Work to be completed -
Your task is to filter the data below down to the lines holding "above".

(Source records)

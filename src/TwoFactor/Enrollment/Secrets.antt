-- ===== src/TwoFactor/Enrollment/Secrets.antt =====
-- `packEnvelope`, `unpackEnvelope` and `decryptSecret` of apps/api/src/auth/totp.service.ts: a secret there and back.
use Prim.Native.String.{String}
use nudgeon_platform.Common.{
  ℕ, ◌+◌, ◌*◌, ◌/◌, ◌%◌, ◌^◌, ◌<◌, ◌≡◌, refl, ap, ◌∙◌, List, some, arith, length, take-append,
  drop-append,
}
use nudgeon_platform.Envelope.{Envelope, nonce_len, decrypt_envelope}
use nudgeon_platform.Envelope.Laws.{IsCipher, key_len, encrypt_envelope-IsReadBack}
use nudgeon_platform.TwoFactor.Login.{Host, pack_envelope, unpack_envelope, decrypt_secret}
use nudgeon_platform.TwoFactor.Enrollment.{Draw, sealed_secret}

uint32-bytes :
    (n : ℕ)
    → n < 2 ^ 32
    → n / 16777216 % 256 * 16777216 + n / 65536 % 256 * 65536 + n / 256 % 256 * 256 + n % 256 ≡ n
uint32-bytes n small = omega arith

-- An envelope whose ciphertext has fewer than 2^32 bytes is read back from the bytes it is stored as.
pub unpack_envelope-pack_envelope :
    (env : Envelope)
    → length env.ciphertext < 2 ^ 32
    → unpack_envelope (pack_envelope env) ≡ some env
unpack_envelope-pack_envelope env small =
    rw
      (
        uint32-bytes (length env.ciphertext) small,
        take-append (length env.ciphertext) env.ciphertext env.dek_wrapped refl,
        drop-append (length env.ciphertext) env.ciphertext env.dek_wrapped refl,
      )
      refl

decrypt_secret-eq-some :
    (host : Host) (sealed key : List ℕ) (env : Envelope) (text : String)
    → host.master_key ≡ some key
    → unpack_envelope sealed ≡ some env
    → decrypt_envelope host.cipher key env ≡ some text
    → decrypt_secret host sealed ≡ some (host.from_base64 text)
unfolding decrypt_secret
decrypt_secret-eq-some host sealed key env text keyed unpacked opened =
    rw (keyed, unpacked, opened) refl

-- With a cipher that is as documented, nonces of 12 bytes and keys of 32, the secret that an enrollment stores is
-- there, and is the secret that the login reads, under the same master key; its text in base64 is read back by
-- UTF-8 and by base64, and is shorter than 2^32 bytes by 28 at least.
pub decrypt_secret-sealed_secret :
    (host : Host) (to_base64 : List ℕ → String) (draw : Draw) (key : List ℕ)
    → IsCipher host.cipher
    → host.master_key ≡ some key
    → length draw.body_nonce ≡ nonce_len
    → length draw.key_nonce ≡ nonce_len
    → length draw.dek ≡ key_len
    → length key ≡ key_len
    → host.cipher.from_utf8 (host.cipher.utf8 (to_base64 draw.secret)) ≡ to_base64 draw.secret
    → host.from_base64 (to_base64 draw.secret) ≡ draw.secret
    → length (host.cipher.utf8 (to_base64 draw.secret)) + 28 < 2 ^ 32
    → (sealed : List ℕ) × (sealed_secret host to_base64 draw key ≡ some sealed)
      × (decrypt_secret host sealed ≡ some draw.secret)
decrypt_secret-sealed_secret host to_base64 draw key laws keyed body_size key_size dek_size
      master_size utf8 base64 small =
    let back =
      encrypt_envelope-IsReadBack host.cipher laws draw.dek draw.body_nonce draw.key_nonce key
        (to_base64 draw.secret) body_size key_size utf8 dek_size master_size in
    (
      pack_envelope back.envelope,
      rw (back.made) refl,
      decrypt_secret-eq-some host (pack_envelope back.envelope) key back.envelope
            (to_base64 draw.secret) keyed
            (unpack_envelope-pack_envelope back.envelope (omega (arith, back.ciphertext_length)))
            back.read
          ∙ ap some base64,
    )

--

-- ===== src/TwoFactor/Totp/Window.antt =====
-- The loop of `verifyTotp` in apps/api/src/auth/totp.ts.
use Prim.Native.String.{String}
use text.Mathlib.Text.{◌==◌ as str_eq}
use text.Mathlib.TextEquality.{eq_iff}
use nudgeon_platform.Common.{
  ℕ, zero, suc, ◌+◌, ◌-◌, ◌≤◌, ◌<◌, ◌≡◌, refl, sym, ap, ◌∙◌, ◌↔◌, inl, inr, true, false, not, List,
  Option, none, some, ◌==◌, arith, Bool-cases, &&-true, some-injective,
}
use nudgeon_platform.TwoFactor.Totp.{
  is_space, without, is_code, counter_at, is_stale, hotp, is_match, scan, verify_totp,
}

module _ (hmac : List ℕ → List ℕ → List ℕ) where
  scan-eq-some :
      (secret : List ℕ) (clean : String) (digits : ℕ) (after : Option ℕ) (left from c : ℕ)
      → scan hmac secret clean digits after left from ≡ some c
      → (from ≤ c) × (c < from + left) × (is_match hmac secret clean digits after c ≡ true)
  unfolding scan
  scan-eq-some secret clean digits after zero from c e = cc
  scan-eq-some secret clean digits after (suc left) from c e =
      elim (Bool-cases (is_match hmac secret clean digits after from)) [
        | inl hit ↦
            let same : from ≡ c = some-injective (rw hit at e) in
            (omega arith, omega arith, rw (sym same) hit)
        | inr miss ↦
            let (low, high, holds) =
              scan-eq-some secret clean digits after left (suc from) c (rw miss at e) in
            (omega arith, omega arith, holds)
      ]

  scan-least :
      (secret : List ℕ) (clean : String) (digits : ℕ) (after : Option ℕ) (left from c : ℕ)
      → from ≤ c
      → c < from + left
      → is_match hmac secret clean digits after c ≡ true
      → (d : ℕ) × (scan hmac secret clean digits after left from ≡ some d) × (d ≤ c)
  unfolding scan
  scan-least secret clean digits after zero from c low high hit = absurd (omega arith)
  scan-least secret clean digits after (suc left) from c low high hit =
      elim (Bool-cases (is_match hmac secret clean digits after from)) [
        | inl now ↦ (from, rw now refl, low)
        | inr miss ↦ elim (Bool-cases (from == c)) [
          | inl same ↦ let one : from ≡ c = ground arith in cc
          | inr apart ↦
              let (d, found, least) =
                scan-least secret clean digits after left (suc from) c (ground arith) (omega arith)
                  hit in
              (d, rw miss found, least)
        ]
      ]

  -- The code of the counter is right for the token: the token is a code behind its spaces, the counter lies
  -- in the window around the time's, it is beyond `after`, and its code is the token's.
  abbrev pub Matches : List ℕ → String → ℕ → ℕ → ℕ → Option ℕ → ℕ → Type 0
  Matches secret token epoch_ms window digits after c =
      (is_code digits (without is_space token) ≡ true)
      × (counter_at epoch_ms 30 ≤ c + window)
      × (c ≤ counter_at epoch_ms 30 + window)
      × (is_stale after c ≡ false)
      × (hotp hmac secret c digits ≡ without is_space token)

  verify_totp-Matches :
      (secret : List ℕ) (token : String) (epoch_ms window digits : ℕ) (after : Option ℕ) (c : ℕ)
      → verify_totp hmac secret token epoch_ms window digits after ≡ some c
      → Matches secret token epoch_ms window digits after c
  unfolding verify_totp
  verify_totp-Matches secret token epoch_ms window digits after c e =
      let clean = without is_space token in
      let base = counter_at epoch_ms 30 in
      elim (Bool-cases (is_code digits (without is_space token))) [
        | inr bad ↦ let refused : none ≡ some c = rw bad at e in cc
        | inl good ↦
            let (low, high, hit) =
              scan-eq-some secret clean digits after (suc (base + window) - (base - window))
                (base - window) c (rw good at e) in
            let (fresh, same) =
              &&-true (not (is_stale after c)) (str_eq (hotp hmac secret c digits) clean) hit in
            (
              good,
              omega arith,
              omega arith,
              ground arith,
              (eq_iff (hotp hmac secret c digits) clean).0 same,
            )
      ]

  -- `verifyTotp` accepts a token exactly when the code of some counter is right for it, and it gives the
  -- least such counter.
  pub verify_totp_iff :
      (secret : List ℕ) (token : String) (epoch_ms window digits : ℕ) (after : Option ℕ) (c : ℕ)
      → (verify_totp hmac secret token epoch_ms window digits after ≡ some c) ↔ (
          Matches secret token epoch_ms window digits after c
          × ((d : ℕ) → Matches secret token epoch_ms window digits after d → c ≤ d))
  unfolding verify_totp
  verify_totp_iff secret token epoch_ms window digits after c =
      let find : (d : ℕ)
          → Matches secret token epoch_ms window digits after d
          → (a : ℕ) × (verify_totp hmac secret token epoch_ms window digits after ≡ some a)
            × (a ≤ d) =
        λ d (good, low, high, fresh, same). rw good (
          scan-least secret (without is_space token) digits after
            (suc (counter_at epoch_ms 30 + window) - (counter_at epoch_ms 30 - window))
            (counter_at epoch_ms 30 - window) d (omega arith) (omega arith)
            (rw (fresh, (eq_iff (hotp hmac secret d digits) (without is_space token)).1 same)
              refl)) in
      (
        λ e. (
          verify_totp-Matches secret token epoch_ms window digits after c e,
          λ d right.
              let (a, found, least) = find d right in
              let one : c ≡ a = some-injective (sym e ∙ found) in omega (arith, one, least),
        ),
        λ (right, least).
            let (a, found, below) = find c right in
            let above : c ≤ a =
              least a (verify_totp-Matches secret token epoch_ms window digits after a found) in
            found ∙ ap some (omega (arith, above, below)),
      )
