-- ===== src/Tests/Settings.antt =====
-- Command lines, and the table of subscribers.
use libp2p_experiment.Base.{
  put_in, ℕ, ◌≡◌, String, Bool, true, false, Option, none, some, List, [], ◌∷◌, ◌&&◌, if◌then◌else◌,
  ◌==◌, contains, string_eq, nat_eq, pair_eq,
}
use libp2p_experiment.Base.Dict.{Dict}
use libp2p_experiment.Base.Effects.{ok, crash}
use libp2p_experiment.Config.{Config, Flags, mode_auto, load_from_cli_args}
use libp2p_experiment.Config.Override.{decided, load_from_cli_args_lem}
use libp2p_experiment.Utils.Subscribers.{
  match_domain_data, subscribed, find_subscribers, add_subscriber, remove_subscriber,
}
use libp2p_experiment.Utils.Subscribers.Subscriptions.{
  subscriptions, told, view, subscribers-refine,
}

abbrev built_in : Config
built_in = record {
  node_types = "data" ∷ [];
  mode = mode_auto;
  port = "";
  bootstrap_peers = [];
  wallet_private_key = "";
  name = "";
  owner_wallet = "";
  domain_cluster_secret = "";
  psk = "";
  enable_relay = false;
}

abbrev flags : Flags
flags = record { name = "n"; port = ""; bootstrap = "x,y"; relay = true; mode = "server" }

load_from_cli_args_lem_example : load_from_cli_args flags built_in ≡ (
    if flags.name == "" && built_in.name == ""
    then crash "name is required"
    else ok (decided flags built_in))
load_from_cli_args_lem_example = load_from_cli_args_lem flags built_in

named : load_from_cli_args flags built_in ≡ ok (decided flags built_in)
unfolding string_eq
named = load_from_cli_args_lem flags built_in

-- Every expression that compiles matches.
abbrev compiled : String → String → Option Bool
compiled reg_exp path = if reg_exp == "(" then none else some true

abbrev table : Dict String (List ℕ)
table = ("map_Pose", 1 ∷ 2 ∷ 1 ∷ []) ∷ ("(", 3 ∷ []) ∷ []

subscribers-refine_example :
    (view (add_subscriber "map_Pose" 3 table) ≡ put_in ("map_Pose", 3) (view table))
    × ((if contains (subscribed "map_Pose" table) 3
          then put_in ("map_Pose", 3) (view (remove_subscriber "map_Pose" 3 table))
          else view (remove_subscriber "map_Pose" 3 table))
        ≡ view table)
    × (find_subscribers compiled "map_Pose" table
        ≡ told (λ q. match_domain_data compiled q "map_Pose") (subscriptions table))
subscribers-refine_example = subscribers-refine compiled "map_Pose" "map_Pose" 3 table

The answer -
            let above : c ≤ a =
            found ∙ ap some (omega (arith, above, below)),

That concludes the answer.